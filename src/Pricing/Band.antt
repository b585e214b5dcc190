-- ===== src/Pricing/Band.antt =====
-- engine/src/engine/options/pricing.py: what every ladder that `build_ladder` returns has, and when it
-- returns.
use ibkr_strategy_engine.Prelude.{
  ℕ, ◌-◌, ◌≤◌, ltb, ℤ, pos, ◌≤ℤ◌, max_ℤ, ◌≡◌, refl, subst, inl, inr, String, Bool, true, false, not,
  Option, none, some, List, [], ◌∷◌, All, arith, Bool-cases, if◌then◌else◌, ltb_ℤ,
}
use ibkr_strategy_engine.Prelude.Result.{ok, refuse_if, >>=-eq-ok, >>-eq-ok, ok-injective}
use ibkr_strategy_engine.Domain.Legs.{PriceEffect, OptionLegIntent}
use ibkr_strategy_engine.Domain.Checks.{is_credit}
use ibkr_strategy_engine.Pricing.{
  PricingError, TickRegime, make_regime, Rounding, quantize_credit, OptionQuote, natural_credit,
  midpoint_credit,
}
use ibkr_strategy_engine.Pricing.Regimes.{IsOnGrid, IsRegime, make_regime-IsRegime}
use ibkr_strategy_engine.Pricing.Ladder.{
  PriceEnvelope, Fraction, PriceLadder, Band, ends, find_ends, find_band, send_rungs, climb,
  between, regime_or, build_ladder, requested_rungs, add_rungs, min_ℤ, is_null,
}
use ibkr_strategy_engine.Pricing.Rungs.{
  quantized_floor, quantized_ceiling, requested_rungs-All, add_rungs-All, IsDecreasing,
  add_rungs-IsDecreasing,
}

-- The band that was found, and where the two ends lie in it.
pub record IsBand (r : TickRegime) (envelope : PriceEnvelope) (minimum_credit midpoint : ℤ)
    (b : Band) : Type 0 where
  pub above_minimum : envelope.minimum ≤ℤ pos b.floor
  pub above_credit : minimum_credit ≤ℤ pos b.floor
  pub below_maximum : pos b.ceiling ≤ℤ envelope.maximum
  pub below_midpoint : pos b.start ≤ℤ midpoint
  pub target_on : IsOnGrid r b.target
  pub from_floor : b.floor ≤ b.target
  pub to_start : b.target ≤ b.start
  pub to_ceiling : b.start ≤ b.ceiling

-- A ladder that a walk can go down.
pub record IsLadder (r : TickRegime) (envelope : PriceEnvelope) (minimum_credit midpoint : ℤ)
    (l : PriceLadder) : Type 0 where
  pub some_rung : is_null l.rungs ≡ false
  pub decreasing : IsDecreasing none l.rungs
  pub on_grid : All (IsOnGrid r) l.rungs
  pub above_minimum : All (λ (x : ℕ). envelope.minimum ≤ℤ pos x) l.rungs
  pub above_credit : All (λ (x : ℕ). minimum_credit ≤ℤ pos x) l.rungs
  pub below_maximum : All (λ (x : ℕ). pos x ≤ℤ envelope.maximum) l.rungs
  pub below_midpoint : All (λ (x : ℕ). pos x ≤ℤ midpoint) l.rungs

pub All-map : {P Q : ℕ → Type 0} (f : (x : ℕ) → P x → Q x) (xs : List ℕ) → All P xs → All Q xs
All-map f [] h = tt
All-map f (x ∷ xs) h = (f x h.0, All-map f xs h.1)

-- The ends of a walk that has a place in the band.
ends_lem :
    (raw b : Band)
    → ends raw ≡ some b
    → (record raw { target = if ltb raw.start raw.target then raw.start else raw.target } ≡ b)
      × (raw.floor ≤ raw.start)
      × (raw.start ≤ raw.ceiling)
ends_lem raw b h = (ground arith, ground arith, ground arith)

send_rungs_lem :
    (k l : PriceLadder) → send_rungs k ≡ ok (some l) → (k ≡ l) × (is_null k.rungs ≡ false)
unfolding send_rungs
send_rungs_lem k l h = (ground arith, ground arith)

module _ (r : TickRegime) (v : IsRegime r) (envelope : PriceEnvelope) (minimum_credit : ℤ) where
  find_ends-IsBand :
      (midpoint natural : ℤ) (low high : ℕ) (b : Band)
      → envelope.minimum ≤ℤ pos low
      → minimum_credit ≤ℤ pos low
      → pos high ≤ℤ envelope.maximum
      → low ≤ high
      → find_ends r low high midpoint natural ≡ ok (some b)
      → IsBand r envelope minimum_credit midpoint b
  unfolding find_ends
  find_ends-IsBand midpoint natural low high b m c e fits h =
      let (start, s, h') =
        >>=-eq-ok (quantize_credit r Rounding.floor (min_ℤ midpoint (pos high))) _ h in
      let (target, t, h'') =
        >>=-eq-ok (quantize_credit r Rounding.ceiling (max_ℤ natural (pos low))) _ h' in
      let (start_on, under) = quantized_floor r v _ start s in
      let (target_on, over) = quantized_ceiling r v _ target t in
      let raw : Band = record { floor = low; ceiling = high; start = start; target = target } in
      let (same, from, to) = ends_lem raw b (ok-injective h'') in
      subst (IsBand r envelope minimum_credit midpoint) same (record {
        above_minimum = m;
        above_credit = c;
        below_maximum = e;
        below_midpoint = ground (arith, under);
        target_on = lower_on start target start_on target_on;
        from_floor = ground (arith, over);
        to_start = ground arith;
        to_ceiling = to;
      })
    where
      lower_on : (s t : ℕ) → IsOnGrid r s → IsOnGrid r t → IsOnGrid r (if ltb s t then s else t)
      lower_on s t a b = by_test (ltb s t)
        where
          by_test : (x : Bool) → IsOnGrid r (if x then s else t)
          by_test true = a
          by_test false = b

  pub find_band-IsBand :
      (midpoint natural : ℤ) (b : Band)
      → find_band r envelope minimum_credit midpoint natural ≡ ok (some b)
      → IsBand r envelope minimum_credit midpoint b
  unfolding find_band
  find_band-IsBand midpoint natural b h =
      let (high, c, h') = >>=-eq-ok (quantize_credit r Rounding.floor envelope.maximum) _ h in
      let (low, f, h'') =
        >>=-eq-ok (quantize_credit r Rounding.ceiling (max_ℤ envelope.minimum minimum_credit)) _
          h' in
      let (_, under) = quantized_floor r v _ high c in
      let (_, over) = quantized_ceiling r v _ low f in room high low under over h''
    where
      room :
          (high low : ℕ)
          → pos high ≤ℤ envelope.maximum
          → max_ℤ envelope.minimum minimum_credit ≤ℤ pos low
          → (if ltb high low then ok none else find_ends r low high midpoint natural) ≡ ok (some b)
          → IsBand r envelope minimum_credit midpoint b
      room high low under over h = elim (Bool-cases (ltb high low)) [
        | inl none_left ↦ absurd (cc (rw none_left at h))
        | inr fits ↦
            find_ends-IsBand midpoint natural low high b (ground (arith, over))
              (ground (arith, over)) under (ground arith) (rw fits at h)
      ]

  IsLadder-of_band :
      (midpoint : ℤ) (fractions : List Fraction) (b : Band) (l : PriceLadder)
      → IsBand r envelope minimum_credit midpoint b
      → climb r fractions (some b) ≡ ok (some l)
      → IsLadder r envelope minimum_credit midpoint l
  unfolding climb send_rungs
  IsLadder-of_band midpoint fractions b l g h =
      let (requested, q, h') =
        >>=-eq-ok (requested_rungs r b.start (b.start - b.target) fractions) _ h in
      let wanted = requested_rungs-All r v b.start (b.start - b.target) fractions requested q in
      let offers =
        add_rungs-All r v b.target b.start b.ceiling g.target_on g.to_start g.to_ceiling none
          requested wanted in
      let k : PriceLadder = record {
        start = b.start;
        target = b.target;
        floor = b.floor;
        ceiling = b.ceiling;
        regime = r;
        requested = requested;
        rungs = add_rungs b.target b.ceiling none requested;
      } in
      let (same, some_rung) = send_rungs_lem k l h' in
      subst (IsLadder r envelope minimum_credit midpoint) same (record {
        some_rung = some_rung;
        decreasing = add_rungs-IsDecreasing b.target b.ceiling none requested;
        on_grid = All-map (λ x o. o.0) k.rungs offers;
        above_minimum =
            All-map (λ x o. omega (arith, g.above_minimum, g.from_floor, o.1)) k.rungs offers;
        above_credit =
            All-map (λ x o. omega (arith, g.above_credit, g.from_floor, o.1)) k.rungs offers;
        below_maximum =
            All-map (λ x o. omega (arith, g.below_maximum, g.to_ceiling, o.2)) k.rungs offers;
        below_midpoint = All-map (λ x o. omega (arith, g.below_midpoint, o.2)) k.rungs offers;
      })

between-IsLadder :
    (r : TickRegime) (v : IsRegime r) (envelope : PriceEnvelope) (minimum_credit : ℤ)
    (fractions : List Fraction) (midpoint natural : Option ℤ) (l : PriceLadder)
    → between r envelope minimum_credit fractions midpoint natural ≡ ok (some l)
    → (m : ℤ) × (midpoint ≡ some m) × IsLadder r envelope minimum_credit m l
unfolding between climb
between-IsLadder r v envelope minimum_credit fractions none natural l h = cc
between-IsLadder r v envelope minimum_credit fractions (some m) none l h = cc
between-IsLadder r v envelope minimum_credit fractions (some m) (some n) l h =
    elim (Bool-cases (ltb_ℤ m n)) [
      | inl crossed ↦ absurd (cc (rw crossed at h))
      | inr open_book ↦
          let (band, found, climbed) =
            >>=-eq-ok (find_band r envelope minimum_credit m n) _ (rw open_book at h) in
          (m, refl, by_band band found climbed)
    ]
  where
    by_band :
        (band : Option Band)
        → find_band r envelope minimum_credit m n ≡ ok band
        → climb r fractions band ≡ ok (some l)
        → IsLadder r envelope minimum_credit m l
    by_band none found climbed = absurd (cc climbed)
    by_band (some b) found climbed =
        IsLadder-of_band r v envelope minimum_credit m fractions b l
          (find_band-IsBand r v envelope minimum_credit m n b found) climbed

-- On a regime that construction accepted, a ladder that is built for a book with a midpoint has a rung,
-- its rungs are prices of the grid, each is below the one before it, and all lie between the larger of
-- the envelope's minimum and the minimum credit, and the smaller of the envelope's maximum and the
-- midpoint.
pub build_ladder-IsLadder :
    (effect : PriceEffect) (legs : List OptionLegIntent) (underlying : String)
    (snapshot : Option (List OptionQuote)) (envelope : PriceEnvelope) (minimum_credit : ℤ)
    (regime : Option TickRegime) (fractions : List Fraction) (l : PriceLadder) (s : TickRegime)
    → make_regime (regime_or regime underlying) ≡ ok s
    → build_ladder effect legs underlying snapshot envelope minimum_credit regime fractions
      ≡ ok (some l)
    → (midpoint : ℤ) × (midpoint_credit legs snapshot ≡ some midpoint)
      × IsLadder (regime_or regime underlying) envelope minimum_credit midpoint l
unfolding build_ladder
build_ladder-IsLadder effect legs underlying snapshot envelope minimum_credit regime fractions l s
      made h =
    let r = regime_or regime underlying in
    between-IsLadder r (make_regime-IsRegime r s made).1 envelope minimum_credit fractions
      (midpoint_credit legs snapshot) (natural_credit legs snapshot) l
      (>>-eq-ok (refuse_if (not (is_credit effect)) PricingError.not_a_credit) _ h).1
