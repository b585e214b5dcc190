-- ===== src/Pricing/Total.antt =====
-- engine/src/engine/options/pricing.py: `build_ladder` never raises on a priced book, a sound envelope and
-- fractions of at most one.
use native.Mathlib.Nat.{div-lt_iff_lt-mul, mul-le-mul_left}
use ibkr_strategy_engine.Prelude.{
  ℕ, suc, ◌+◌, ◌-◌, ◌*◌, ◌/◌, ◌≤◌, ◌<◌, ltb, ltb_ℤ, ℤ, pos, negsuc, ◌≤ℤ◌, ◌-ℤ◌, -ℤ_parts, max_ℤ,
  ◌≡◌, refl, ap, ◌∙◌, String, Bool, true, false, Option, none, some, List, [], ◌∷◌, All, arith,
  if◌then◌else◌,
}
use ibkr_strategy_engine.Prelude.Result.{Result, ok, ◌>>=◌}
use ibkr_strategy_engine.Domain.Legs.{PriceEffect, OptionLegIntent}
use ibkr_strategy_engine.Pricing.{
  PricingError, TickRegime, make_regime, Rounding, quantize_credit, OptionQuote, natural_credit,
  midpoint_credit,
}
use ibkr_strategy_engine.Pricing.Regimes.{IsRegime, make_regime-IsRegime}
use ibkr_strategy_engine.Pricing.Grid.{quantize_total}
use ibkr_strategy_engine.Pricing.Ladder.{
  PriceEnvelope, Fraction, PriceLadder, Band, conceded, ends, find_ends, find_band, send_rungs,
  climb, between, regime_or, build_ladder, requested_rungs, check_rungs, make_ladder, min_ℤ,
  is_null,
}
use ibkr_strategy_engine.Pricing.Rungs.{
  requested_rungs-All, add_rungs-All, add_rungs-IsDecreasing, check_rungs_total,
}
use ibkr_strategy_engine.Pricing.Band.{IsBand, find_band-IsBand, All-map}

-- A call that returns.
abbrev pub Returns : {A : Type 0} → Result PricingError A → Type 0
Returns {A} m = (a : A) × (m ≡ ok a)

Returns-bind :
    {A B : Type 0} (m : Result PricingError A) (f : A → Result PricingError B)
    → Returns m
    → ((a : A) → m ≡ ok a → Returns (f a))
    → Returns (m >>= f)
Returns-bind m f (a, e) k = let (b, e') = k a e in (b, rw e e')

-- A fraction of at most the whole way.
abbrev pub IsPart : Fraction → Type 0
IsPart f = (0 < f.denominator) × (f.numerator ≤ f.denominator)

fraction_le :
    (span : ℕ) (f : Fraction)
    → IsPart f
    → (span * f.numerator + (f.denominator - 1)) / f.denominator ≤ span
fraction_le span f (positive, part) =
    let room : span * f.numerator + (f.denominator - 1) < suc span * f.denominator =
      grind (arith, mul-le-mul_left span part) in
    let lt = (div-lt_iff_lt-mul positive).1 room in omega (arith, lt)

conceded_nonneg :
    (start span : ℕ) (f : Fraction) → IsPart f → span ≤ start → pos 0 ≤ℤ conceded start span f
conceded_nonneg start span f part le =
    let d = (span * f.numerator + (f.denominator - 1)) / f.denominator in
    omega (
      arith,
      fraction_le span f part,
      -ℤ_parts (pos start) (pos d),
      sub_pos start d (omega (arith, fraction_le span f part)),
    )
  where
    sub_pos : (a b : ℕ) → b ≤ a → pos 0 ≤ℤ pos a -ℤ pos b
    sub_pos a b h = omega (arith, -ℤ_parts (pos a) (pos b))

module _ (r : TickRegime) (v : IsRegime r) where
  quantized : (rounding : Rounding) (z : ℤ) → pos 0 ≤ℤ z → Returns (quantize_credit r rounding z)
  unfolding quantize_credit
  quantized rounding (pos p) h = quantize_total r rounding p v
  quantized rounding (negsuc p) h = absurd (omega arith)

  requested-Returns :
      (start span : ℕ) (fractions : List Fraction)
      → span ≤ start
      → All IsPart fractions
      → Returns (requested_rungs r start span fractions)
  unfolding requested_rungs
  requested-Returns start span [] le parts = ([], refl)
  requested-Returns start span (f ∷ fractions) le parts =
      let rest = requested-Returns start span fractions le parts.1 in
      Returns-bind (quantize_credit r Rounding.floor (conceded start span f)) _
        (quantized Rounding.floor (conceded start span f) (conceded_nonneg start span f parts.0 le))
        (λ x e.
          Returns-bind (requested_rungs r start span fractions) _ rest (λ xs e'. (x ∷ xs, refl)))

  send_rungs-Returns :
      (l : PriceLadder)
      → check_rungs l.floor l.ceiling none l.rungs ≡ ok tt
      → Returns (send_rungs l)
  unfolding send_rungs
  send_rungs-Returns l h = by_test (is_null l.rungs)
    where
      by_test : (b : Bool) → Returns (if b then ok none else (make_ladder l >>= λ x. ok (some x)))
      by_test true = (none, refl)
      by_test false = (some l, rw h)

  climb-Returns :
      (envelope : PriceEnvelope) (minimum_credit midpoint : ℤ) (fractions : List Fraction)
      (b : Option Band)
      → ((c : Band) → b ≡ some c → IsBand r envelope minimum_credit midpoint c)
      → All IsPart fractions
      → Returns (climb r fractions b)
  unfolding climb
  climb-Returns envelope minimum_credit midpoint fractions none band parts = (none, refl)
  climb-Returns envelope minimum_credit midpoint fractions (some b) band parts =
      let g = band b refl in
      Returns-bind (requested_rungs r b.start (b.start - b.target) fractions) _
        (requested-Returns b.start (b.start - b.target) fractions (omega arith) parts)
        (λ requested e.
          let wanted = requested_rungs-All r v b.start (b.start - b.target) fractions requested e in
          let offers =
            add_rungs-All r v b.target b.start b.ceiling g.target_on g.to_start g.to_ceiling none
              requested wanted in
          send_rungs-Returns _ (
            check_rungs_total b.floor b.ceiling none _
              (add_rungs-IsDecreasing b.target b.ceiling none requested)
              (All-map (λ x o. (omega (arith, g.from_floor, o.1), omega (arith, g.to_ceiling, o.2)))
                _ offers)))

  find_ends-Returns :
      (midpoint natural : ℤ) (low high : ℕ)
      → pos 0 ≤ℤ midpoint
      → Returns (find_ends r low high midpoint natural)
  unfolding find_ends
  find_ends-Returns midpoint natural low high h =
      Returns-bind (quantize_credit r Rounding.floor (min_ℤ midpoint (pos high))) _
        (quantized Rounding.floor _ (ground arith))
        (λ start e.
          Returns-bind (quantize_credit r Rounding.ceiling (max_ℤ natural (pos low))) _
            (quantized Rounding.ceiling _ (ground arith))
            (λ target e'. (
              ends (record { floor = low; ceiling = high; start = start; target = target }),
              refl,
            )))

  find_band-Returns :
      (envelope : PriceEnvelope) (minimum_credit midpoint natural : ℤ)
      → pos 0 ≤ℤ envelope.maximum
      → pos 0 ≤ℤ minimum_credit
      → pos 0 ≤ℤ midpoint
      → Returns (find_band r envelope minimum_credit midpoint natural)
  unfolding find_band
  find_band-Returns envelope minimum_credit midpoint natural high low h =
      Returns-bind (quantize_credit r Rounding.floor envelope.maximum) _
        (quantized Rounding.floor _ high)
        (λ c e.
          Returns-bind (quantize_credit r Rounding.ceiling (max_ℤ envelope.minimum minimum_credit))
            _ (quantized Rounding.ceiling _ (ground arith)) (λ f e'. room c f))
    where
      room : (c f : ℕ) → Returns (if ltb c f then ok none else find_ends r f c midpoint natural)
      room c f = by_test (ltb c f)
        where
          by_test : (b : Bool) → Returns (if b then ok none else find_ends r f c midpoint natural)
          by_test true = (none, refl)
          by_test false = find_ends-Returns midpoint natural f c h

  between-Returns :
      (envelope : PriceEnvelope) (minimum_credit : ℤ) (fractions : List Fraction)
      (midpoint natural : Option ℤ)
      → pos 0 ≤ℤ envelope.maximum
      → pos 0 ≤ℤ minimum_credit
      → ((m : ℤ) → midpoint ≡ some m → pos 0 ≤ℤ m)
      → All IsPart fractions
      → Returns (between r envelope minimum_credit fractions midpoint natural)
  unfolding between
  between-Returns envelope minimum_credit fractions none natural high low mid parts = (none, refl)
  between-Returns envelope minimum_credit fractions (some m) none high low mid parts = (none, refl)
  between-Returns envelope minimum_credit fractions (some m) (some n) high low mid parts =
      by_test (ltb_ℤ m n)
    where
      by_test :
          (b : Bool)
          → Returns (
              if b
              then ok none
              else (find_band r envelope minimum_credit m n >>= λ band. climb r fractions band))
      by_test true = (none, refl)
      by_test false =
          Returns-bind (find_band r envelope minimum_credit m n) _
            (find_band-Returns envelope minimum_credit m n high low (mid m refl))
            (λ band found.
              climb-Returns envelope minimum_credit m fractions band
                (λ c e. find_band-IsBand r v envelope minimum_credit m n c (found ∙ ap ok e)) parts)

-- For a credit structure, on a regime that construction accepted, with a maximum and a minimum credit that
-- are not negative, a midpoint that is not negative where there is one, and fractions of at most the
-- whole way, `build_ladder` returns: no check that it makes on the way, the ladder's own included, raises.
pub build_ladder_total :
    (legs : List OptionLegIntent) (underlying : String) (snapshot : Option (List OptionQuote))
    (envelope : PriceEnvelope) (minimum_credit : ℤ) (regime : Option TickRegime)
    (fractions : List Fraction) (s : TickRegime)
    → make_regime (regime_or regime underlying) ≡ ok s
    → pos 0 ≤ℤ envelope.maximum
    → pos 0 ≤ℤ minimum_credit
    → ((m : ℤ) → midpoint_credit legs snapshot ≡ some m → pos 0 ≤ℤ m)
    → All IsPart fractions
    → Returns (
        build_ladder PriceEffect.credit legs underlying snapshot envelope minimum_credit regime
          fractions)
unfolding build_ladder
build_ladder_total legs underlying snapshot envelope minimum_credit regime fractions s made high low
      mid parts =
    let r = regime_or regime underlying in
    between-Returns r (make_regime-IsRegime r s made).1 envelope minimum_credit fractions
      (midpoint_credit legs snapshot) (natural_credit legs snapshot) high low mid parts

Your goal:
Extract from the listing above the lines between the line containing "let (band, found, climbed)" and the line containing "band ≡ ok (some l)", keeping both of those lines. Output nothing else.

Problem solution:
          let (band, found, climbed) =
            >>=-eq-ok (find_band r envelope minimum_credit m n) _ (rw open_book at h) in
          (m, refl, by_band band found climbed)
    ]
  where
    by_band :
        (band : Option Band)
        → find_band r envelope minimum_credit m n ≡ ok band
        → climb r fractions band ≡ ok (some l)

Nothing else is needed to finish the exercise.